ValueError: Expected input batch_size (1) to match target batch_size (4). How can I fix this?

junyoung · May 4, 2024, 1:30pm

I have ValueError: Expected input batch_size (1) to match target batch_size (4). in my training code “loss = criterion(outputs, labels)” where I calculate the loss. I use CIFAR10 dataset and load the data with batch_size=4, with shape
[Data Shape]
input shape: torch.Size([4, 3, 32, 32])
label shape: torch.Size([4])
but my model output’s batch_size is 1 and shape is like
[Output Shape of model]
output shape: torch.Size([1, 10])
I think the output shape should be like torch.Size([4, 10]) to solve this error but I don’t know what is wrong with my model. I am curious about which part is wrong and how to fix this. Please let me know.

Here is my code

import torch
import torchvision
import torchvision.transforms as transforms
import torch.nn as nn
import torch.nn.functional as F
print (torch.__version__)

transform = transforms.Compose(
    [transforms.ToTensor(),
     transforms.Normalize((0.5, 0.5, 0.5), (0.5, 0.5, 0.5))])
trainset = torchvision.datasets.CIFAR10(root='./data', train=True,
                                        download=True, transform=transform)
trainloader = torch.utils.data.DataLoader(trainset, batch_size=4,
                                          shuffle=True, num_workers=2)
testset = torchvision.datasets.CIFAR10(root='./data', train=False,
                                       download=True, transform=transform)
testloader = torch.utils.data.DataLoader(testset, batch_size=4,
                                         shuffle=False, num_workers=2)
classes = ('plane', 'car', 'bird', 'cat',
           'deer', 'dog', 'frog', 'horse', 'ship', 'truck')

class Net(nn.Module):
    def __init__(self):
        super(Net, self).__init__()

        # Layer#1
        self.conv1 = nn.Conv2d(in_channels=3, out_channels=64, kernel_size=3)
        self.conv2 = nn.Conv2d(in_channels=64, out_channels=64, kernel_size=3)

        # Layer#2
        self.conv3 = nn.Conv2d(in_channels=64, out_channels=128, kernel_size=3)

        # Layer#3
        self.conv4 = nn.Conv2d(in_channels=128, out_channels=256, kernel_size=3)

        self.pool = nn.MaxPool2d(kernel_size=2, stride=2)
        self.dropout = nn.Dropout(0.5)

        # Layer#4
        self.fc1 = nn.Linear(4*4*256, 512)
        # Layer#5
        self.fc2 = nn.Linear(512, 512)
        # Layer#6
        self.fc3 = nn.Linear(512, 10)



    def forward(self, x):

        # Layer#1
        x = self.conv1(x)
        x = F.relu(x)
        x = self.dropout(x)
        x = self.conv2(x)
        x = F.relu(x)
        x = self.dropout(x)
        x = self.pool(x)

        # Layer#2
        x = self.conv3(x)
        x = F.relu(x)
        x = self.dropout(x)
        x = self.pool(x)

        # Layer#3
        x = self.conv4(x)
        x = F.relu(x)
        x = self.dropout(x)
        x = self.pool(x)

        # Layer#4
        x = x.view(-1, 4*4*256)
        x = self.fc1(x)
        x = F.relu(x)

        # Layer#5
        x = self.fc2(x)
        x = F.relu(x)

        # Layer#6
        x = self.fc3(x)
        x = F.softmax(x)

        return x

net = Net()

import torch.optim as optim

criterion = nn.CrossEntropyLoss()
optimizer = optim.SGD(net.parameters(), lr=0.001, momentum=0.9)
for epoch in range(10):  

    running_loss = 0.0
    for i, data in enumerate(trainloader, 0):
        # get the inputs
        inputs, labels = data

        #Check
        print(f"input shape: {inputs.shape}")
        print(f"label shape: {labels.shape}")

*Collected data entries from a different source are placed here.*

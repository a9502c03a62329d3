-- ===== src/Base/Dict.antt =====
-- `std::unordered_map` as an association list, with keys compared by an instance. Where the source
-- walks a map its order is unspecified; here it is the order of first insertion.
use Prim.Native.Nat.{ℕ}
use mathlib.Core.Path.{◌≡◌, refl, sym, ◌∙◌, subst}
use mathlib.Core.Logic.{◌↔◌, ◌⊎◌, inl, inr}
use mathlib.Core.Bool.{Bool, true, false}
use mathlib.Core.Option.{Option, none, some}
use mathlib.Core.List.{List, [], ◌∷◌, map}
use native.Mathlib.Omega.{arith}
use computer_network_final_p.Base.Tests.{
  ◌==◌, ==_iff, eq_bytes, eq_bytes_iff, Bool-cases, Option-cases, if◌then◌else◌,
}

pub record Eq {ℓ} (A : Type ℓ) : Type ℓ where
  pub beq : A → A → Bool
  pub beq_iff : (a b : A) → (beq a b ≡ true) ↔ (a ≡ b)

instance abbrev pub nat_eq : Eq ℕ
nat_eq = record { beq = ◌==◌; beq_iff = ==_iff }

instance abbrev pub bytes_eq : Eq (List ℕ)
bytes_eq = record { beq = eq_bytes; beq_iff = eq_bytes_iff }

abbrev pub Dict {ℓ κ} : Type ℓ → Type κ → Type (ℓ ⊔ κ)
Dict K V = List (K × V)

pub beq_self {ℓ} : {K : Type ℓ} ⦃e : Eq K⦄ (k : K) → e.beq k k ≡ true
beq_self ⦃e⦄ k = (e.beq_iff k k).1 refl

module _ {ℓ κ} {K : Type ℓ} {V : Type κ} ⦃e : Eq K⦄ where
  unfoldable pub find : K → Dict K V → Option V
  find k [] = none
  find k ((j, v) ∷ m) = if e.beq j k then some v else find k m

  unfoldable pub insert : K → V → Dict K V → Dict K V
  insert k v [] = (k, v) ∷ []
  insert k v ((j, w) ∷ m) = if e.beq j k then (k, v) ∷ m else (j, w) ∷ insert k v m

  unfoldable pub erase : K → Dict K V → Dict K V
  erase k [] = []
  erase k ((j, w) ∷ m) = let rest = erase k m in if e.beq j k then rest else (j, w) ∷ rest

  -- A change through the pointer that `find` gives.
  unfoldable pub adjust : K → (V → V) → Dict K V → Dict K V
  adjust k f [] = []
  adjust k f ((j, w) ∷ m) = if e.beq j k then (j, f w) ∷ m else (j, w) ∷ adjust k f m

  unfoldable pub values : Dict K V → List V
  values = map λ entry. entry.1

  pub find-insert :
      (k j : K) (v : V) (m : Dict K V)
      → find j (insert k v m) ≡ (if e.beq k j then some v else find j m)
  unfolding find insert
  find-insert k j v [] = refl
  find-insert k j v ((i, w) ∷ m) =
      ground (arith, e.beq_iff k j, e.beq_iff i k, e.beq_iff i j, find-insert k j v m)

  pub find-erase :
      (k j : K) (m : Dict K V) → find j (erase k m) ≡ (if e.beq k j then none else find j m)
  unfolding find erase
  find-erase k j [] = ground arith
  find-erase k j ((i, w) ∷ m) =
      ground (arith, e.beq_iff k j, e.beq_iff i k, e.beq_iff i j, find-erase k j m)

  pub find-adjust_self :
      (k : K) (f : V → V) (m : Dict K V) (v : V)
      → find k m ≡ some v
      → find k (adjust k f m) ≡ some (f v)
  unfolding find adjust
  find-adjust_self k f [] v h = ground arith
  find-adjust_self k f ((i, w) ∷ m) v h = ground (arith, find-adjust_self k f m v)

  pub find-adjust_ne :
      (k j : K) (f : V → V) (m : Dict K V) → e.beq k j ≡ false → find j (adjust k f m) ≡ find j m
  unfolding find adjust
  find-adjust_ne k j f [] h = refl
  find-adjust_ne k j f ((i, w) ∷ m) h =
      ground (arith, e.beq_iff k j, e.beq_iff i k, e.beq_iff i j, find-adjust_ne k j f m)

  -- A change at a key that is missing changes nothing.
  pub adjust_missing : (k : K) (f : V → V) (m : Dict K V) → find k m ≡ none → adjust k f m ≡ m
  unfolding find adjust
  adjust_missing k f [] h = refl
  adjust_missing k f ((i, w) ∷ m) h = ground (arith, adjust_missing k f m)

module _ {ℓ κ} {K : Type ℓ} {V : Type κ} ⦃e : Eq K⦄ where
  -- Where an entry of a changed map comes from.
  pub find-adjust_cases :
      (k j : K) (f : V → V) (m : Dict K V) (v : V)
      → find j (adjust k f m) ≡ some v
      → (find j m ≡ some v) ⊎ ((w : V) × (find j m ≡ some w) × (v ≡ f w))
  find-adjust_cases k j f m v h = elim (Bool-cases (e.beq k j)) [
    | inr other ↦ inl (sym (find-adjust_ne k j f m other) ∙ h)
    | inl same ↦ elim (Option-cases (find k m)) [
      | inl missing ↦ inl (rw (← adjust_missing k f m missing) h)
      | inr (w, found) ↦
          let here : k ≡ j = (e.beq_iff k j).0 same in
          let changed : find j (adjust k f m) ≡ some (f w) =
            subst (λ i. find i (adjust k f m) ≡ some (f w)) here (find-adjust_self k f m w found) in
          inr (w, subst (λ i. find i m ≡ some w) here found, cc)
    ]
  ]

  pub find-adjust :
      (k : K) (f : V → V) (m : Dict K V) (v : V)
      → find k m ≡ some v
      → (j : K) → find j (adjust k f m) ≡ (if e.beq k j then some (f v) else find j m)
  find-adjust k f m v found j = elim (Bool-cases (e.beq k j)) [
    | inr other ↦ rw other (find-adjust_ne k j f m other)
    | inl same ↦ rw same (
        subst (λ i. find i (adjust k f m) ≡ some (f v)) ((e.beq_iff k j).0 same)
          (find-adjust_self k f m v found))
  ]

        # zero the parameter gradients
        optimizer.zero_grad()

        # forward + backward + optimize
        outputs = net(inputs)
        print(f"output shape: {outputs.shape}")
        loss = criterion(outputs, labels)
        loss.backward()
        optimizer.step()

        # print statistics
        running_loss += loss.item()
        if i % 2000 == 1999:    # print every 2000 mini-batches
            print('[%d, %5d] loss: %.3f' %
                  (epoch + 1, i + 1, running_loss / 2000))
            running_loss = 0.0
            break

print('Finished Training')

I think “x = x.view(-1, 44256)” part has some problem but I don’t know how to fix this.

This is the model that I want to make.

ptrblck · May 4, 2024, 2:50pm

Will flatten the output and is most likely changing the batch size. Use x = x.view(x.size(0), -1) and fix potential shape mismatches in the next linear layer by adapting its in_features.
Also, remove F.softmax since nn.CrossEntropyLoss expects raw logits.